*Task objective*
Copy every line from the records below that carries the word "HasToStay".

*Given data*
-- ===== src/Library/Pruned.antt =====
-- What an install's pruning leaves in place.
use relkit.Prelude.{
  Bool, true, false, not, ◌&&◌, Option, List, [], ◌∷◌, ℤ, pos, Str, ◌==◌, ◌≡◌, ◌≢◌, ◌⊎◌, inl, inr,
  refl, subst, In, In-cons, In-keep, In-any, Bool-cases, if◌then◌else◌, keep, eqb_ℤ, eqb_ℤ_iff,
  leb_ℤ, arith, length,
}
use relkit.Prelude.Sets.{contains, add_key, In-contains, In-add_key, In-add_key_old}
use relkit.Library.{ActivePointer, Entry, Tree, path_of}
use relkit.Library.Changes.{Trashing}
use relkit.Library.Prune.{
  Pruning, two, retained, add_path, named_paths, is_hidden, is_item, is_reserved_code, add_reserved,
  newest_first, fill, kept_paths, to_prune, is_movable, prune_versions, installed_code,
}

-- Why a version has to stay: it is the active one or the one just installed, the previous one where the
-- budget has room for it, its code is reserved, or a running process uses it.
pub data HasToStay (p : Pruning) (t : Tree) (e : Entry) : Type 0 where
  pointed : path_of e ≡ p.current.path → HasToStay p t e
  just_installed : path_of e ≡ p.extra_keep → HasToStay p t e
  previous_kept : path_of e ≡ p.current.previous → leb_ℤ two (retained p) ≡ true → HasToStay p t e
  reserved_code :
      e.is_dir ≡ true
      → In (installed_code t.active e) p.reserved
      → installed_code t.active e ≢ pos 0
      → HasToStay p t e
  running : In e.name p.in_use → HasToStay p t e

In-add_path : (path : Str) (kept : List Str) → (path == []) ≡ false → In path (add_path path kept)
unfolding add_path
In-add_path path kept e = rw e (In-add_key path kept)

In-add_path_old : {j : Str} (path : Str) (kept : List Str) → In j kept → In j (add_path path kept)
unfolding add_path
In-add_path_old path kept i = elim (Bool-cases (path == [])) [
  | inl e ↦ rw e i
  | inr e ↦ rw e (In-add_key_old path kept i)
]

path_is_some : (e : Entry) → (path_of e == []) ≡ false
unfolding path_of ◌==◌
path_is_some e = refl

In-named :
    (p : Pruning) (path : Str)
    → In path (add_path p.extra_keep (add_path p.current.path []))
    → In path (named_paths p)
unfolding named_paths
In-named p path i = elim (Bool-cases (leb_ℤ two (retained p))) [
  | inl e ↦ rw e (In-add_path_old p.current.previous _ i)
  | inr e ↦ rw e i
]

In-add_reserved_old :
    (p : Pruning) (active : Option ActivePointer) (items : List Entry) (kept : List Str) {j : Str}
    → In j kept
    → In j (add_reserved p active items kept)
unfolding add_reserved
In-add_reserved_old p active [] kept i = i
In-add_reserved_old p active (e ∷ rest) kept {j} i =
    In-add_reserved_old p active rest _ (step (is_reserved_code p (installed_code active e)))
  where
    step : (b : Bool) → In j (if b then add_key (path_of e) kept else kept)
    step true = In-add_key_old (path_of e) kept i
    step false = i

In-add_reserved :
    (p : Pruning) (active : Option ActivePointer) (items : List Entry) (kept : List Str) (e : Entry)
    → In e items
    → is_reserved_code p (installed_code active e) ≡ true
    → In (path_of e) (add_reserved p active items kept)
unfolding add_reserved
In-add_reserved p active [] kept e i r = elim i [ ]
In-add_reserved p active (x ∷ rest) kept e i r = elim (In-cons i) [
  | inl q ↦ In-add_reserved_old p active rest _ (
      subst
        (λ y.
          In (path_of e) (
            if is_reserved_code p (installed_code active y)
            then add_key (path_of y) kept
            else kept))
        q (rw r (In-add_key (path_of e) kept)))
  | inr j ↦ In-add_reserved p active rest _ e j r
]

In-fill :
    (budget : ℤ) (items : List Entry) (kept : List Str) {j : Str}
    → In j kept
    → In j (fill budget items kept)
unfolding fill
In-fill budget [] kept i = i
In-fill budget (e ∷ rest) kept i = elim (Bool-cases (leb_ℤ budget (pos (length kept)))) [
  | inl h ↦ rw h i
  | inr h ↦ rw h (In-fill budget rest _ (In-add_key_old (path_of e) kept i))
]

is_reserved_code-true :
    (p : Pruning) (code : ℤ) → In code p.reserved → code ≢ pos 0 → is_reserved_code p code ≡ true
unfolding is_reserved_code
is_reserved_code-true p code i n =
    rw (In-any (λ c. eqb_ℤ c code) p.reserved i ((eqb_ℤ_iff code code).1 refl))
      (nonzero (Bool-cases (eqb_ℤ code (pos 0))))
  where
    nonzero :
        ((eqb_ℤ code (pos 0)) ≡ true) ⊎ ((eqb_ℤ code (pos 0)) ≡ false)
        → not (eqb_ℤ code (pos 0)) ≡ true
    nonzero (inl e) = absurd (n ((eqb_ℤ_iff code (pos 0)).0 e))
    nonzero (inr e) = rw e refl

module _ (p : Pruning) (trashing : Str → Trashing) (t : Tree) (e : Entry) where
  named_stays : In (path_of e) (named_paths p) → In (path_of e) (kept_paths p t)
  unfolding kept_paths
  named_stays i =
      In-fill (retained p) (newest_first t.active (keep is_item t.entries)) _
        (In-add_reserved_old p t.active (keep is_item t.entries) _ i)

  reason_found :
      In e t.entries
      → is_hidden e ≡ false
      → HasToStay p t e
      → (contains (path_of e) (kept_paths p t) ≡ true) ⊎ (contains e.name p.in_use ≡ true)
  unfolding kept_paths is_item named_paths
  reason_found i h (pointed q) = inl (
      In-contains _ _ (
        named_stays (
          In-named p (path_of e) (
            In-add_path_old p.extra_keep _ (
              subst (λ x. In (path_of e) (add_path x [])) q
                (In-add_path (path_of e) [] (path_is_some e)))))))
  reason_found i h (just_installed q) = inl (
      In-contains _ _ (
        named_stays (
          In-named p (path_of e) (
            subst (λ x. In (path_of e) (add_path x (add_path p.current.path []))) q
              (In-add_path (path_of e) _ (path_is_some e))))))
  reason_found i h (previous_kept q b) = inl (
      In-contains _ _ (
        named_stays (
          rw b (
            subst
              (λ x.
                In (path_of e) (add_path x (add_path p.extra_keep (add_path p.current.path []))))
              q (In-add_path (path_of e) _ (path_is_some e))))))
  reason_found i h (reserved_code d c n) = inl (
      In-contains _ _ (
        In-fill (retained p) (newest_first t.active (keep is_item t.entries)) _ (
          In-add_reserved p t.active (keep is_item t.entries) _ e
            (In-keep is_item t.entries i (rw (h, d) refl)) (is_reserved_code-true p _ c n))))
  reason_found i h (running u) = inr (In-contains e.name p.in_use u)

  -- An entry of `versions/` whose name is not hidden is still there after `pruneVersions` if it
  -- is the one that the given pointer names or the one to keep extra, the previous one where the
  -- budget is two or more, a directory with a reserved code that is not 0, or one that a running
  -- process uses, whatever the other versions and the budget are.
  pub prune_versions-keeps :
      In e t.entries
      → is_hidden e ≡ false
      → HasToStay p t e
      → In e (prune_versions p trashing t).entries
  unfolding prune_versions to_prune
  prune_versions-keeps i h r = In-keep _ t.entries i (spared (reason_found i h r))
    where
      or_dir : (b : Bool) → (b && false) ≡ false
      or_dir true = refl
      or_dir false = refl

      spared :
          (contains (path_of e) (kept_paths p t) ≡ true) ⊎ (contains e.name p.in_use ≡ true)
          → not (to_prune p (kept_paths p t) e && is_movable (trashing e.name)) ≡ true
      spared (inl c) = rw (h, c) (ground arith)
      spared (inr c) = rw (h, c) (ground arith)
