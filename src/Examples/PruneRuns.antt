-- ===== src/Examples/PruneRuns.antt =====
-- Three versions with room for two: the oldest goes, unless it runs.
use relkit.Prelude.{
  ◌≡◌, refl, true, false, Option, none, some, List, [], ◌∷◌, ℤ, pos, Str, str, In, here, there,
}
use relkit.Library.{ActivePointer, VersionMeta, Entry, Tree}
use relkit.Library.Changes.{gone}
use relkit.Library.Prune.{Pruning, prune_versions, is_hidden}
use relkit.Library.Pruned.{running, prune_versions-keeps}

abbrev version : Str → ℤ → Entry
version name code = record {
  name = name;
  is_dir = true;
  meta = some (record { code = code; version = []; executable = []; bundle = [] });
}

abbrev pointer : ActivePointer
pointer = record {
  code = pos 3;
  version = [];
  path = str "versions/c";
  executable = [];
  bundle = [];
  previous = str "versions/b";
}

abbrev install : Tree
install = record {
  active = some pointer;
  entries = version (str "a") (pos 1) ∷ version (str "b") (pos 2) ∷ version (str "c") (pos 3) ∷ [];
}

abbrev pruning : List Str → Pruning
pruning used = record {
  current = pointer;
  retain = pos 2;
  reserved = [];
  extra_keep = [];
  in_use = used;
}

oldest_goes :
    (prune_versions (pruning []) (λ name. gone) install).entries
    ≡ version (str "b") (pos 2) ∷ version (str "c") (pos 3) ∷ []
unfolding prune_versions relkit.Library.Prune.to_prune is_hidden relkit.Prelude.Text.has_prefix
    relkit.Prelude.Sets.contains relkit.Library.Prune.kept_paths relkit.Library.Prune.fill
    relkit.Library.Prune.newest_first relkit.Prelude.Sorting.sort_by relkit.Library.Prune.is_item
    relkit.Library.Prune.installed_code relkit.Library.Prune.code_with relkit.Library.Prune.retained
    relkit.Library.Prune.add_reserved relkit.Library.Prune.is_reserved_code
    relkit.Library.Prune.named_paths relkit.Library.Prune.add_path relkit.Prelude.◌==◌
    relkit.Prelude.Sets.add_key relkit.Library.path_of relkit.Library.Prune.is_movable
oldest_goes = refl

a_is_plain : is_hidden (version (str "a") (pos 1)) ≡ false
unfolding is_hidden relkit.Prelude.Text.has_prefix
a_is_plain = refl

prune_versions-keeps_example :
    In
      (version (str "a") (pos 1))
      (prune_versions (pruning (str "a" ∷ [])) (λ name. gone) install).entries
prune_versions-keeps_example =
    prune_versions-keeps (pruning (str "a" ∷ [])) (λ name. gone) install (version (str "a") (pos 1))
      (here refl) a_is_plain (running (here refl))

*Exercise response*
pub data HasToStay (p : Pruning) (t : Tree) (e : Entry) : Type 0 where
  pointed : path_of e ≡ p.current.path → HasToStay p t e
  just_installed : path_of e ≡ p.extra_keep → HasToStay p t e
  previous_kept : path_of e ≡ p.current.previous → leb_ℤ two (retained p) ≡ true → HasToStay p t e
      → HasToStay p t e
  running : In e.name p.in_use → HasToStay p t e
      → HasToStay p t e
      → HasToStay p t e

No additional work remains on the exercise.